I'm able to pull the events fine with the config below, but the GUIDs aren't being expanded. I've tried evt_resolve_ad_obj = 1 in both props.conf and wmi.conf - no results either way.

#inputs.conf
[script://$SPLUNK_HOME\bin\scripts\splunk-wmi.path]
disabled = 0
index = eventlog_filtering_test
evt_resolve_ad_obj = 1

#wmi.conf
[WMI:DC Event Logs]
disabled = 0
event_log_file =  Security
evt_resolve_ad_obj = 1
interval = 5
server = a-dc-01.xyz.dev1

See the event sample here. Note the %{0fab7c44-78be-4a51-aedd-184e673399f3}, which should be an LDAP DN. I think this would work if I pulled the event from a local log (splunk-winevtlog.exe) but not via remote (splunk-wmi.exe).

Category=14080
CategoryString=Directory Service Access
ComputerName=A-DC-01.xyz.dev1
EventCode=4662
EventIdentifier=4662
EventType=4
Logfile=Security
RecordNumber=4882247
SourceName=Microsoft-Windows-Security-Auditing
TimeGenerated=20110408172310.201214-000
TimeWritten=20110408172310.201214-000
Type=Audit Success
User=NULL
wmi_type=WinEventLog:Security
Message=An operation was performed on an object.

Subject :
        Security ID:            S-1-5-21-2936888650-2301900656-1271333847-1105
        Account Name:           john.doe
        Account Domain:         XYZ
        Logon ID:               0x2dfce05

Object:
        Object Server:          DS
        Object Type:            %{bf967a9c-0de6-11d0-a285-00aa003049e2}
        Object Name:            %{0fab7c44-78be-4a51-aedd-184e673399f3}
        Handle ID:              0x0

Operation:
        Operation Type:         Object Access
        Accesses:               Write Property

        Access Mask:            0x20
        Properties:             Write Property
                {e48d0154-bcf8-11d1-8702-00c04fb96050}
                        {bf967950-0de6-11d0-a285-00aa003049e2}
        {bf967a9c-0de6-11d0-a285-00aa003049e2}

Has anyone gotten this working?

Hugh

Tags (3)
Highlighted

Re: Does splunk-wmi use the evt_resolve_ad_obj directive with remote "pulled" event logs?

Explorer

I can't get Splunk to respect the evtresolveadobj setting for WMI either.
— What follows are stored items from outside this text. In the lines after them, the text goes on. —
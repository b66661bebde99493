-- ===== src/Rx/Sink.antt =====
-- The sink block of src/stream_web/gnuradio_rx.py: `work` as a whole, with the overflow counter and
-- the queue of drop positions that it feeds.
use native.Mathlib.Nat.{mod-add-mod}
use mathlib.Core.List.{map-append}
use sdr_docker.Base.{
  ℕ, suc, ◌+◌, ◌%◌, ◌≤◌, ◌≡◌, refl, sym, ap, ◌∙◌, subst, Bool, ◌&&◌, Option, none, some, List, [],
  ◌∷◌, ◌++◌, length, map, append_assoc, append-nil, All, Bool-cases, inl, inr, arith, if◌then◌else◌,
}
use sdr_docker.Base.Floats.{FloatOps}
use sdr_docker.IqRing.{Ring, write}
use sdr_docker.IqRing.Window.{IsValid, write-Slides, write-index}

module _ {ℓ} (F : FloatOps) (A : Type ℓ) (size : ℕ) where
  open F use {Float, frac, minus, times, over, lt}

  pub record BufferSink : Type ℓ where
    pub ring : Ring A
    pub running_peak : Float
    pub rx_peak_frac : Float
    pub prev_work_time : Float
    pub rx_overflows : ℕ
    pub drop_queue : List ℕ

  -- A call of `work`: its time, the largest magnitude over the full scale, the samples, and whether
  -- the queue takes a position that is put then (an exception of `put_nowait` is passed over).
  pub record Call : Type ℓ where
    pub now : Float
    pub scaled : Float
    pub samples : List A
    pub queue_takes : Bool

  -- The overflow test at the head of `work`.
  pub detect : Call → BufferSink → BufferSink
  detect c s =
      if lt (frac 50 1000) (minus c.now s.prev_work_time) && lt (frac 0 1) s.prev_work_time
      then record s {
        rx_overflows = suc s.rx_overflows;
        drop_queue =
            if c.queue_takes then s.drop_queue ++ (s.ring.buf_write_idx ∷ []) else s.drop_queue;
        prev_work_time = c.now;
      }
      else record s { prev_work_time = c.now }

  pub hold_peak : Float → BufferSink → BufferSink
  hold_peak scaled s =
      let peak : Float = if lt s.running_peak scaled then scaled else s.running_peak in
      record s { rx_peak_frac = peak; running_peak = times peak (frac 999 1000) }

  pub work : Call → BufferSink → Option BufferSink
  work c s =
      let s' = hold_peak c.scaled (detect c s) in
      elim (write size s'.ring c.samples) [ none ↦ none | some r ↦ some (record s' { ring = r }) ]

  pub work_all : List Call → BufferSink → Option BufferSink
  work_all [] s = some s
  work_all (c ∷ cs) s = elim (work c s) [ none ↦ none | some s' ↦ work_all cs s' ]

  -- A call is late when it comes more than 50 ms after the one before, which is not at time 0.
  abbrev pub is_late : (prev now : Float) → Bool
  is_late prev now = lt (frac 50 1000) (minus now prev) && lt (frac 0 1) prev

  abbrev pub n_late : Float → List Call → ℕ
  n_late prev [] = 0
  n_late prev (c ∷ cs) = (if is_late prev c.now then 1 else 0) + n_late c.now cs

  -- The places of the ring, counted around it from `at`, at which the samples of the late calls
  -- begin whose position the queue takes.
  abbrev pub late_places : ℕ → Float → List Call → List ℕ
  late_places at prev [] = []
  late_places at prev (c ∷ cs) =
      let rest = late_places (at + length c.samples) c.now cs in
      if is_late prev c.now && c.queue_takes then (at % size) ∷ rest else rest

  abbrev in_ring : List ℕ → List ℕ
  in_ring ps = map (λ p. p % size) ps

  -- What the calls have left of the state `s`, whose head stands at the place `at`.
  pub record IsLogged (at : ℕ) (cs : List Call) (s s' : BufferSink) : Type 0 where
    pub counted : s'.rx_overflows ≡ s.rx_overflows + n_late s.prev_work_time cs
    pub queued :
        map (λ p. p % size) s'.drop_queue
        ≡ map (λ p. p % size) s.drop_queue ++ late_places at s.prev_work_time cs

  -- What one call puts in the queue.
  detect-queue :
      (at : ℕ) (c : Call) (s : BufferSink) (rest : List ℕ)
      → at % size ≡ s.ring.buf_write_idx % size
      → in_ring (detect c s).drop_queue ++ rest
        ≡ in_ring s.drop_queue
          ++ (if is_late s.prev_work_time c.now && c.queue_takes then (at % size) ∷ rest else rest)
  unfolding detect
  detect-queue at c s rest e = elim (Bool-cases (is_late s.prev_work_time c.now)) [
    | inl late ↦ elim (Bool-cases c.queue_takes) [
      | inl takes ↦
          rw (late, takes, e)
            (ap (λ q. q ++ rest) (map-append (λ p. p % size) s.drop_queue _)
              ∙ append_assoc (in_ring s.drop_queue) _ rest)
      | inr full ↦ rw (late, full) refl
    ]
    | inr soon ↦ rw (soon) refl
  ]

  detect-count :
      (c : Call) (s : BufferSink)
      → ((detect c s).rx_overflows
          ≡ s.rx_overflows + (if is_late s.prev_work_time c.now then 1 else 0))
        × ((detect c s).prev_work_time ≡ c.now)
        × ((detect c s).ring ≡ s.ring)
  unfolding detect
  detect-count c s = elim (Bool-cases (is_late s.prev_work_time c.now)) [
    | inl late ↦ rw (late) (omega arith, refl, refl)
    | inr soon ↦ rw (soon) (omega arith, refl, refl)
  ]

  -- The calls from a place that is the head's, around the ring.
  work_all-IsLogged_from :
      (at : ℕ) (cs : List Call) (s : BufferSink)
      → IsValid size s.ring
      → at % size ≡ s.ring.buf_write_idx % size
      → All (λ c. length (Call.samples c) ≤ size) cs
      → (s' : BufferSink) × (work_all cs s ≡ some s') × IsValid size s'.ring × IsLogged at cs s s'
  unfolding work_all work hold_peak
  work_all-IsLogged_from at [] s v e h = (
    s,
    refl,
    v,
    record { counted = omega arith; queued = sym (append-nil (in_ring s.drop_queue)) },
  )
  work_all-IsLogged_from at (c ∷ cs) s v e h =
      let d = hold_peak c.scaled (detect c s) in
      let (counted, prev, same) = detect-count c s in
      let valid : IsValid size d.ring = subst (λ r. IsValid size r) (sym same) v in
      let written = write-Slides size d.ring c.samples valid (omega (arith, valid.index)) in
      let moved = write-index size d.ring c.samples written.0 valid h.0 written.1 in
      let s1 : BufferSink = record d { ring = written.0 } in
      let e1 : (at + length c.samples) % size ≡ s1.ring.buf_write_idx % size =
        sym (mod-add-mod at size (length c.samples))
        ∙ ap (λ q. (q + length c.samples) % size) (e ∙ ap (λ r. r.buf_write_idx % size) (sym same))
        ∙ mod-add-mod d.ring.buf_write_idx size (length c.samples)
        ∙ sym moved in
      let (s', ran, v', l) =
        work_all-IsLogged_from (at + length c.samples) cs s1 written.2.0 e1 h.1 in
      (
        s',
        rw (work_all, work, written.1) ran,
        v',
        record {
          counted = l.counted ∙ rw (prev, counted) (omega arith);
          queued =
              l.queued
              ∙ rw (prev) (detect-queue at c s (late_places (at + length c.samples) c.now cs) e);
        },
      )

  -- From a valid ring, chunks that fit the buffer are all taken. The overflows counted are the late
  -- calls. The queue has gained, in order, the places of the ring at which the samples of the late
  -- calls begin, the buffer's end being its index 0, less those that the queue did not take.
  pub work_all-IsLogged :
      (cs : List Call) (s : BufferSink)
      → IsValid size s.ring
      → All (λ c. length (Call.samples c) ≤ size) cs
      → (s' : BufferSink) × (work_all cs s ≡ some s')
        × IsValid size s'.ring
        × IsLogged s.ring.buf_write_idx cs s s'
  work_all-IsLogged cs s v h = work_all-IsLogged_from s.ring.buf_write_idx cs s v refl h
I'm having a similar problem where I want the Security Log to have GUIDs instead of resolving Distinguished Names (opposite of your problem). I've put evtresolveadobj=0 in several stanzas of inputs.conf but no dice! I'm running a Splunk 4.2.1 forwarder on Windows 2003 R2.

Highlighted

Re: Does splunk-wmi use the evt_resolve_ad_obj directive with remote "pulled" event logs?

Explorer

Based on my further testing splunk-wmi.exe completely ignores the evtresolvead_obj flag. When pulling from Windows 2003, WMI always resolves the GUIDs to Distinguished Names. When pulling from Windows 2008, WMI never resolves the GUIDs to Distinguished Names.

Feature request: Add support for evtresolvead_obj to Splunk WMI.

Hugh's example is a Windows 2008 security log. I've also tested with splunk-4.2.1-98164-x64-release.msi, splunkforwarder-4.2.1-98164-x64-release.msi, and splunkforwarder-4.2-96430-x64-release.msi pulling security logs over WMI from a Windows 2003 Domain Controller. I've also tested with splunk-4.2.1-98164-x64-release.msi pulling security logs over WMI from a Windows 2008 R2 Domain Controller.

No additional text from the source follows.